Vorzugswürdig wäre hier eine Erbauseinandersetzung zwischen Anna und Petra. Anna erhält (zur Auszahlung von Petra und gegen Eigentumsübertrag auf sich) von Paul ein Darlehen, wozu sie einen Darlehensvertrag mit Verzinsung schließen. Gesichert wird dieser mit einer Sicherungshypothek für Paul. Da Paul und Anna ohnehin planen zu heiraten, wird ferner vereinbart, dass mit Eheschließung Anna das Darlehen durch Eigentumsübertragung auf Paul tilgen darf. Paul erhält für sein Darlehen ein Kündigungsrecht mit einer Frist von sechs Monaten, sollte es zu keiner Heirat kommen. So entstünden keine Grundbuchkosten und keine Grunderwerbsteuer.

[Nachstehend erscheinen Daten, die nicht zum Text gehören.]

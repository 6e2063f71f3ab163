-- ===== src/Seed/Outcome.antt =====
-- What a seed_demo.py that returns leaves in the tables.
use sirius_vkr.Prelude.{ℕ, ◌≡◌, String, refl, List, [], ◌∷◌, length, All}
use sirius_vkr.Models.Access.{child, parent, teacher}
use sirius_vkr.Database.{Db}
use sirius_vkr.Exec.{Exec, ok, ◌>>=◌}
use sirius_vkr.Config.{Settings}
use sirius_vkr.Security.{Packages}
use sirius_vkr.Postgres.{Postgres}
use sirius_vkr.Learning.Subjects.{resolve_student_for_user}
use sirius_vkr.Seed.{demo_student, seed_contents, seed_once, seed}
use sirius_vkr.Seed.Catalogue.{
  BadgeSpec, demo_teacher_email, demo_child_email, demo_parent_email, badges,
}
use sirius_vkr.Seed.State.{Random, Seeder, for_each}
use sirius_vkr.Seed.People.{ensure_user}
use sirius_vkr.Seed.Contents.{insert_badge}
use sirius_vkr.Seed.Growth.{Grows, Grows-trans, IsGrowing, growing}
use sirius_vkr.Seed.Growing.{insert_badge-IsGrowing}
use sirius_vkr.Seed.Accounts.{HasAccount, ensure_user-IsGrowing, ensure_user-HasAccount}
use sirius_vkr.Seed.Establishes.{bind_then, HasBadge, HasStudent, HasCourse, badges-Establishes}
use sirius_vkr.Seed.Stages.{
  demo_student-IsGrowing, demo_student-HasStudent, seed_once-IsGrowing, seed_once-HasCourse,
}

-- What a seed leaves: every badge of BADGES, the three demo accounts, a student of the demo child
-- and a catalogue that is not empty.
pub record IsSeeded (db : Db) : Type 0 where
  pub has_badges : All (λ (b : BadgeSpec). HasBadge b db) badges
  pub teacher_id : ℕ
  pub child_id : ℕ
  pub parent_id : ℕ
  pub has_teacher : HasAccount demo_teacher_email teacher_id db
  pub has_child : HasAccount demo_child_email child_id db
  pub has_parent : HasAccount demo_parent_email parent_id db
  pub has_student : HasStudent child_id db
  pub has_course : HasCourse db

Grows-badges :
    {a b : Db}
    → Grows a b
    → (bs : List BadgeSpec) → All (λ (x : BadgeSpec). HasBadge x a) bs
    → All (λ (x : BadgeSpec). HasBadge x b) bs
Grows-badges g [] h = tt
Grows-badges g (x ∷ bs) h = (g.badge x.code h.0, Grows-badges g bs h.1)

Grows-HasAccount :
    {a b : Db} {email : String} {k : ℕ} → Grows a b → HasAccount email k a → HasAccount email k b
Grows-HasAccount {email = email} g h = record {
  user = h.user;
  found = g.account email h.user h.found;
  same = h.same;
}

module _ (pg : Postgres) (random : Random) (packages : Packages) (settings : Settings) where
  -- `seed` behind the teacher and the child.
  abbrev pub with_parent : ℕ → ℕ → Exec Seeder (Unit {0})
  with_parent t c =
      ensure_user packages settings demo_parent_email parent >>= λ p. seed_contents pg random t c p

  abbrev pub with_child : ℕ → Exec Seeder (Unit {0})
  with_child t = ensure_user packages settings demo_child_email child >>= λ c. with_parent t c

  abbrev pub with_teacher : Exec Seeder (Unit {0})
  with_teacher = ensure_user packages settings demo_teacher_email teacher >>= λ t. with_child t

  -- From the commit on: the student and the catalogue, and nothing is lost.
  contents_post :
      (t c p : ℕ) (w : Seeder)
      → (seed_contents pg random t c p w).0 ≡ ok tt
      → let db = (seed_contents pg random t c p w).1.session.pending in
        Grows w.session.pending db × HasStudent c db × HasCourse db
  unfolding seed_contents
  contents_post t c p w h =
      let w0 : Seeder = record w { session = record w.session { committed = w.session.pending } } in
      let found = resolve_student_for_user c w.session.pending in
      let m = demo_student pg random c p found in
      bind_then
        (λ v.
          Grows w.session.pending v.session.pending
          × HasStudent c v.session.pending
          × HasCourse v.session.pending)
        m (λ s v. seed_once pg random t s (length v.session.pending.courses) v) w0 tt h
        (λ s e r.
          let w1 = (m w0).1 in
          let n = length w1.session.pending.courses in
          let left = (seed_once-IsGrowing pg random t s n).grows w1 tt r in
          (
            Grows-trans ((demo_student-IsGrowing pg random c p found).grows w0 s e) left,
            left.student c (demo_student-HasStudent pg random c p found w0 s refl e),
            seed_once-HasCourse pg random t s w1 r,
          ))

  -- A seed that returns leaves every badge of BADGES, the three demo accounts, a student of the demo
  -- child and a catalogue that is not empty in the tables of its transaction.
  pub seed-IsSeeded :
      (w : Seeder)
      → (seed pg random packages settings w).0 ≡ ok tt
      → IsSeeded (seed pg random packages settings w).1.session.pending
  unfolding seed
  seed-IsSeeded w h =
      let Q = λ (v : Seeder). IsSeeded v.session.pending in
      let teachers = ensure_user packages settings demo_teacher_email teacher in
      let children = ensure_user packages settings demo_child_email child in
      let parents = ensure_user packages settings demo_parent_email parent in
      bind_then Q (for_each badges insert_badge) (λ _. with_teacher) w tt h
        (λ _ e1 h1.
          let w1 = (for_each badges insert_badge w).1 in
          bind_then Q teachers with_child w1 tt h1 (λ t e2 h2.
            let w2 = (teachers w1).1 in
            bind_then Q children (with_parent t) w2 tt h2 (λ c e3 h3.
              let w3 = (children w2).1 in
              bind_then Q parents (seed_contents pg random t c) w3 tt h3 (λ p e4 h4.
                let w4 = (parents w3).1 in
                let (g4, student, course) = contents_post t c p w4 h4 in
                let g3 =
                  Grows-trans
                    ((ensure_user-IsGrowing packages settings demo_parent_email parent).grows w3 p
                      e4)
                    g4 in
                let g2 =
                  Grows-trans
                    ((ensure_user-IsGrowing packages settings demo_child_email child).grows w2 c e3)
                    g3 in
                let g1 =
                  Grows-trans
                    ((ensure_user-IsGrowing packages settings demo_teacher_email teacher).grows w1 t
                      e2)
                    g2 in
                record {
                  has_badges = Grows-badges g1 badges ((badges-Establishes badges).holds w tt e1);
                  teacher_id = t;
                  child_id = c;
                  parent_id = p;
                  has_teacher =
                      Grows-HasAccount g2 (
                        ensure_user-HasAccount packages settings demo_teacher_email teacher w1 t
                          e2);
                  has_child =
                      Grows-HasAccount g3
                        (ensure_user-HasAccount packages settings demo_child_email child w2 c e3);
                  has_parent =
                      Grows-HasAccount g4
                        (ensure_user-HasAccount packages settings demo_parent_email parent w3 p e4);
                  has_student = student;
                  has_course = course;
                }))))

  seed_contents-IsGrowing : (t c p : ℕ) → IsGrowing (seed_contents pg random t c p)
  unfolding seed_contents
  seed_contents-IsGrowing t c p =
      search (growing, demo_student-IsGrowing, seed_once-IsGrowing) depth 20

  pub seed-IsGrowing : IsGrowing (seed pg random packages settings)
  unfolding seed
  seed-IsGrowing =
      search (growing, insert_badge-IsGrowing, ensure_user-IsGrowing, seed_contents-IsGrowing) depth
        20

5. DIE VORSORGEVOLLMACHT – AUCH EIN FALL VON „DENN SIE WISSEN NICHT, WAS SIE TUN“

Die Erblasser haben wie in Fall 1 zu Lebzeiten nicht nur die Grundstücke gegen Einräumung eines Nießbrauchs übertragen, sie erteilten auch eine beglaubigte (notarielle) Vorsorgevollmacht. Ein handschriftliches Testament liegt vor. Streitig ist, ob bei Verkauf der Immobilie auf die Voreintragung gemäß § 39 GBO verzichtet werden kann, weil die notarielle Vorsorgevollmacht analog § 40 GBO Anwendung findet. Es wird vertreten, dass die transmortale Vorsorgevollmacht den Berechtigten ermächtigt, für die Erben aufzutreten. Dagegen spricht, dass bei Vollmachtserteilung die Erben (mangels Erbfalls) noch unklar waren. Anders sieht es das Kammergericht, das sogar eine Belastung der Immobilie aufgrund der notariellen Vorsorgevollmacht für möglich hält. Jedenfalls reiche eine transmortale Vorsorgevollmacht zum Nachweis der Vertretungsmacht des Bevollmächtigten, wenn dieser erklärt, Alleinerbe des Vollmachtgebers zu sein (KG-Beschluss vom 2.3.2021 – 1 W 1503/20, Zerb 2021,221). Auch wenn durch den Verzicht auf die Voreintragung einige Beurkundungs- und Eintragungskosten gespart werden können: Die Käufer einer solchen Immobilie sollten sich darüber im Klaren sein, dass ein gutgläubiger Erwerb ohne Voreintragung des Verkäufers im Grundbuch nicht möglich ist. Die „echten“ Erben können also noch bis zu 30 Jahre nach dem Verkauf „auf der Bildfläche erscheinen“ und den Kauf rückgängig machen.

FAZIT

Deutlich wurde bei der Veranstaltung, dass ein Notar die Mandanten in Bezug auf die Beurkundungskosten wie auch den Eintragungskosten und Grunderwerbsteuern mehr oder weniger gut beraten kann. Die Gestaltung von Rückübertragungsvormerkungen, Erbauseinandersetzungen und Vorsorgevollmachten können die Situation der Erben nach dem Erbfall erheblich vereinfachen oder auch erschweren. Für die anwaltliche Beratungspraxis sind hier entsprechende Kenntnisse äußerst hilfreich.